In my mind, this is an ongoing debate, closely connected to my attempts to model classical elements in a BIM friendly way. It's also a debate that is central to thinking about the role of Art in the modern world. Abstraction and representation: are the opposite poles? or aspects of the same process of exploring reality?
The terracotta element that Paul captured was part of the amazing displays at the City Museum which was opened up to the BiLT delegates on.... Night. More of a cross between an art exhibit and an adventure playground than a traditional museum, but full of fascinating salvaged bits and pieces. George Elmslie was responsible for much of the terracotta that enlivened Sullivan's buildings. Examples of his work were piled up in great heaps and interspersed with his delicate pencil design sketches.
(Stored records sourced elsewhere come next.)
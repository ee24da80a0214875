-- ===== src/Choice/Rings/Total.antt =====
-- What `get_port_ringnum` gives to the ports when the last port's weight is above the number of
-- rings, so that the rings are dealt out one by one.
use platform.Common.{ℕ, zero, suc, ◌-◌, ◌^◌, ◌≤◌, ◌<◌, ◌≡◌, refl, ◌∙◌, ap, none}
use platform.Common.{List, [], ◌∷◌, arith, Outcome, ok, ltb, if◌then◌else◌, sum_to, true, false}
use platform.Common.{Bool-cases, inl, inr, ge→ltb, ◌==◌, ne→==}
use platform.Common.Int.{ℤ, pos, unsigned, ltb_ℤ}
use mathlib.Core.Path.{subst}
use platform.Double.{Double}
use platform.PortTable.{Uthash}
use platform.PortSort.Chain.{Cell, Chain}
use platform.PortSort.Insert.{insert, visible}
use platform.Device.{Context}
use platform.Choice.Rings.{Scan, scan, get_port_ringnum}
use platform.Choice.Rings.Deal.{PortsFit, dealt, deal-dealt, sum_to-dealt, dealt-single}
use platform.Choice.Rings.Visit.{Listed, speed_at, weight_at, Scanned, scan_all-Scanned}

PortsFit-insert : (m : Cell) (cs : List Cell) → m.port < 16 → PortsFit cs → PortsFit (insert m cs)
PortsFit-insert m [] h f = (h, tt)
PortsFit-insert m (c ∷ cs) h f = elim (Bool-cases (ltb_ℤ m.speed c.speed)) [
  | inl e ↦ rw e (f.0, PortsFit-insert m cs h f.1)
  | inr e ↦ rw e (h, f)
]

-- A list of ports that is not empty, all within the arrays.
abbrev Dealable : List Cell → Type 0
Dealable [] = ⊥
Dealable (c ∷ cs) = PortsFit (c ∷ cs)

Dealable-visible : (m : Cell) (cs : List Cell) → m.port < 16 → Dealable cs → Dealable (visible m cs)
Dealable-visible m [] h f = f
Dealable-visible m (c ∷ cs) h f = elim (Bool-cases (ltb_ℤ m.speed c.speed)) [
  | inl e ↦ rw e (f.0, PortsFit-insert m cs h f.1)
  | inr e ↦ rw e f
]

-- One port alone.
abbrev Alone : ℕ → ℤ → List Cell → Type 0
Alone t s [] = ⊥
Alone t s (c ∷ []) = (c.port ≡ t) × (c.speed ≡ s)
Alone t s (c ∷ e ∷ cs) = ⊥

ltb_ℤ-irrefl : (s : ℤ) → ltb_ℤ s s ≡ false
ltb_ℤ-irrefl s = ground arith

Alone-visible :
    (t : ℕ) (s : ℤ) (m : Cell) (cs : List Cell)
    → m.speed ≡ s
    → Alone t s cs
    → Alone t s (visible m cs)
Alone-visible t s m [] h f = f
Alone-visible t s m (c ∷ []) h f =
    let e : ltb_ℤ m.speed c.speed ≡ false = rw (h, f.1, ltb_ℤ-irrefl s) refl in rw e f
Alone-visible t s m (c ∷ e ∷ cs) h f = absurd f

module _ (d : Double) (u : Uthash d) (table : u.Table) (link_speed : ℕ → ℕ) where
  -- What `choice_init` finds when it calls `get_port_ringnum`: the ports are listed and have a
  -- weight, no ring is given yet, and there is a ring for each port.
  pub record IsReady (ctx : Context) : Type 0 where
    pub some_port : 0 < ctx.port_num
    pub enough : ctx.port_num ≤ ctx.ring_num
    pub small : ctx.ring_num < 2 ^ 16
    pub listed : Listed d u table link_speed ctx 0 ctx.port_num
    pub none_given : (p : ℕ) → p < 16 → ctx.port_ringnum p ≡ 0

  -- The weight that the loop leaves in the variable, that of the last port, is above the rings.
  abbrev pub IsHeavy : Context → Type 0
  IsHeavy ctx =
      ltb ctx.ring_num (unsigned 32 (weight_at d u table link_speed ctx (ctx.port_num - 1))) ≡ true

  -- The array after the rings are dealt out along a list.
  abbrev spread : Context → List Cell → ℕ → ℕ
  spread ctx [] = ctx.port_ringnum
  spread ctx (c ∷ cs) = dealt ctx.ring_num (c ∷ cs) (c ∷ cs) ctx.port_ringnum

  module _ (ctx : Context) (r : IsReady ctx) (heavy : IsHeavy ctx) where
    scan_sum : ℕ → Outcome (Scan d)
    scan_sum n =
        scan d u table link_speed n ctx 0
          (record { heap = []; sort = none; weight = pos 0; weight_sum = d.from_int (pos 0) })

    ringnum-deal :
        (P : List Cell → Type 0)
        → Scanned d u table link_speed ctx P 0 ctx.port_num (pos 0) (scan_sum ctx.port_num)
        → ((cs : List Cell) → P cs → Dealable cs)
        → (cs : List Cell) × P cs
          × (get_port_ringnum d u table link_speed ctx
              ≡ ok (record ctx { port_ringnum = spread ctx cs }))
    unfolding get_port_ringnum scan_sum
    ringnum-deal P sc able = go sc.cells sc.holds sc.list.chain (able sc.cells sc.holds)
      where
        weight_is : sc.state.weight ≡ weight_at d u table link_speed ctx (ctx.port_num - 1)
        weight_is =
            sc.weight
            ∙ rw (ne→== ctx.port_num 0 (λ e. absurd (omega (arith, r.some_port, e))))
                (ap (λ j. weight_at d u table link_speed ctx j) (omega arith))

        big : ltb ctx.ring_num (unsigned 32 sc.state.weight) ≡ true
        big = rw weight_is heavy

        go :
            (cs : List Cell)
            → P cs
            → Chain sc.state.heap sc.state.sort cs
            → Dealable cs
            → (cs : List Cell) × P cs
              × (get_port_ringnum d u table link_speed ctx
                  ≡ ok (record ctx { port_ringnum = spread ctx cs }))
        go [] p k f = absurd f
        go (c ∷ cs) p k f = (
          c ∷ cs,
          p,
          rw
              (
                ge→ltb ctx.ring_num ctx.port_num r.enough,
                sc.returns,
                big,
                deal-dealt sc.state.heap sc.state.sort c cs k f ctx.ring_num c cs sc.state.sort
                    ctx.port_ringnum k f (λ q h. omega (arith, r.none_given q h, r.small)),
              )
              refl,
        )

    positive : suc (ctx.port_num - 1) ≡ ctx.port_num
    positive = omega (arith, r.some_port)

    scanned :
        (P : List Cell → Type 0)
        → ((j : ℕ) (place : ℕ) (cs : List Cell)
            → j < ctx.port_num
            → P cs
            → P (
                visible
                  (record {
                    place = place;
                    speed = speed_at d u table link_speed ctx j;
                    port = ctx.port_list j;
                  })
                  cs))
        → ((place : ℕ)
            → P (
                record {
                  place = place;
                  speed = speed_at d u table link_speed ctx 0;
                  port = ctx.port_list 0;
                }
                ∷ []))
        → Scanned d u table link_speed ctx P 0 ctx.port_num (pos 0) (scan_sum ctx.port_num)
    unfolding scan_sum
    scanned P keep start =
        subst (λ n. Scanned d u table link_speed ctx P 0 n (pos 0) (scan_sum n)) positive
          (scan_all-Scanned d u table link_speed ctx ctx.port_num P keep (ctx.port_num - 1)
            (d.from_int (pos 0)) (omega (arith, r.some_port))
            (record {
              fits = omega (arith, r.some_port, r.listed.fits);
              in_range = λ j h. r.listed.in_range j (omega (arith, r.some_port));
              known = λ j h. r.listed.known j (omega (arith, r.some_port));
            })
            start)

    sum_to-zeros : (n : ℕ) (a : ℕ → ℕ) → ((p : ℕ) → p < n → a p ≡ 0) → sum_to n a ≡ 0
    unfolding sum_to
    sum_to-zeros zero a z = refl
    sum_to-zeros (suc n) a z =
        omega (arith, sum_to-zeros n a (λ p h. z p (omega arith)), z n (omega arith))

    sum_to-spread : (cs : List Cell) → Dealable cs → sum_to 16 (spread ctx cs) ≡ ctx.ring_num
    sum_to-spread [] f = absurd f
    sum_to-spread (c ∷ cs) f = omega (
      arith,
      sum_to-dealt ctx.ring_num c cs c cs ctx.port_ringnum f f,
      sum_to-zeros 16 ctx.port_ringnum r.none_given,
    )

    -- If the ports are listed, each with a weight in the table and no ring yet, there is a port,
    -- there are not more of them than rings and fewer than 65536 rings, and the weight of the
    -- last port is above the number of rings, get_port_ringnum returns and gives exactly ring_num
    -- rings to the ports together.
    pub heavy_total :
        (rings : ℕ → ℕ) × (get_port_ringnum d u table link_speed ctx
          ≡ ok (record ctx { port_ringnum = rings }))
        × (sum_to 16 rings ≡ ctx.ring_num)
    heavy_total =
        let (cs, f, e) =
          ringnum-deal Dealable
            (scanned Dealable
              (λ j place cs h f.
                Dealable-visible
                  (record {
                    place = place;
                    speed = speed_at d u table link_speed ctx j;
                    port = ctx.port_list j;
                  })
                  cs (r.listed.in_range j (omega arith)) f)
              (λ place. (r.listed.in_range 0 (omega (arith, r.some_port)), tt)))
            (λ cs f. f) in
        (spread ctx cs, e, sum_to-spread cs f)

    spread-Alone :
        (cs : List Cell) (t : ℕ) (s : ℤ)
        → Alone t s cs
        → (p : ℕ) → p < 16
        → spread ctx cs p ≡ (if p == t then ctx.ring_num else 0)
    spread-Alone [] t s f p h = absurd f
    spread-Alone (c ∷ []) t s f p h =
        ground (arith, dealt-single ctx.ring_num c ctx.port_ringnum p, r.none_given p h)
    spread-Alone (c ∷ e ∷ cs) t s f p h = absurd f

    Alone-Dealable : (t : ℕ) (s : ℤ) (cs : List Cell) → t < 16 → Alone t s cs → Dealable cs
    Alone-Dealable t s [] h f = f
    Alone-Dealable t s (c ∷ []) h f = (rw f.0 h, tt)
    Alone-Dealable t s (c ∷ e ∷ cs) h f = absurd f

    -- If the ports are listed, each with a weight in the table and no ring yet, there is a port,
    -- there are not more of them than rings and fewer than 65536 rings, the weight of the last
    -- port is above the number of rings, and all ports have one speed, get_port_ringnum gives
    -- every ring to the first port and none to the others.
    pub equal_speeds_first :
        ((j : ℕ)
          → j < ctx.port_num
          → speed_at d u table link_speed ctx j ≡ speed_at d u table link_speed ctx 0)
        → (rings : ℕ → ℕ) × (get_port_ringnum d u table link_speed ctx
            ≡ ok (record ctx { port_ringnum = rings }))
          × ((p : ℕ) → p < 16 → rings p ≡ (if p == ctx.port_list 0 then ctx.ring_num else 0))
    equal_speeds_first same =
        let t = ctx.port_list 0 in
        let s = speed_at d u table link_speed ctx 0 in
        let (cs, f, e) =
          ringnum-deal (Alone t s)
            (scanned (Alone t s) (λ j place cs h f. Alone-visible t s _ cs (same j h) f)
              (λ place. (refl, refl)))
            (λ cs f. Alone-Dealable t s cs (r.listed.in_range 0 (omega (arith, r.some_port))) f) in
        (spread ctx cs, e, spread-Alone cs t s f)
I can't help feeling that we have lost something magical. Imagine skilled artisans using those pencil sketches to guide their muscular fingers and thumbs as they shaped wet clay into flowing foliage. With Sullivan in the judging the balance between bold massing and expressive detail.
Last night I started to sketch over another image from the museum. It's an interesting challenge to translate these convoluted forms into flat extrusions, and it may well be the key to creating placeholder objects within a BIM model.
Surely the wild, twisting forms were a rebellion against the ordered formalism of classicism. There is a refusal to submit to mechanical order, a revelling in the fluid ambiguities of wet clay, a return to the primitive entanglements of celtic art. History tells us that mechanical purity won out. Art Nouveau and Expressionism ran out of steam in a way that abstraction and minimalism never have. But still there is an emptiness in the mechanical solution that so often leads us back to the trap of nostalgia.
Maybe there was something to be said to the measured tones of a classical language after all. I can't help feeling that the charm of the Wainwright Building lies in the fact that, although it flirts with wild, decorative excess while embracing new, disruptive technologies that presaged the skyscraper age; it actually lies within the classical tradition. Essentially it is a highly abstracted Corinthian column, complete with plinth, fluted shaft, and luxuriant capital.
The closing keynote at BiLT featured Sabin Howard talking about maintaining the human touch while using cutting edge technology to support the production of monumental sculpture. It's a challenge that resonates with me and echoes through the pages of this blog at regular intervals.
https://sabinhoward.com/AboutSabinHo...ideosandBlogs/
A lutta continua. The struggle continues.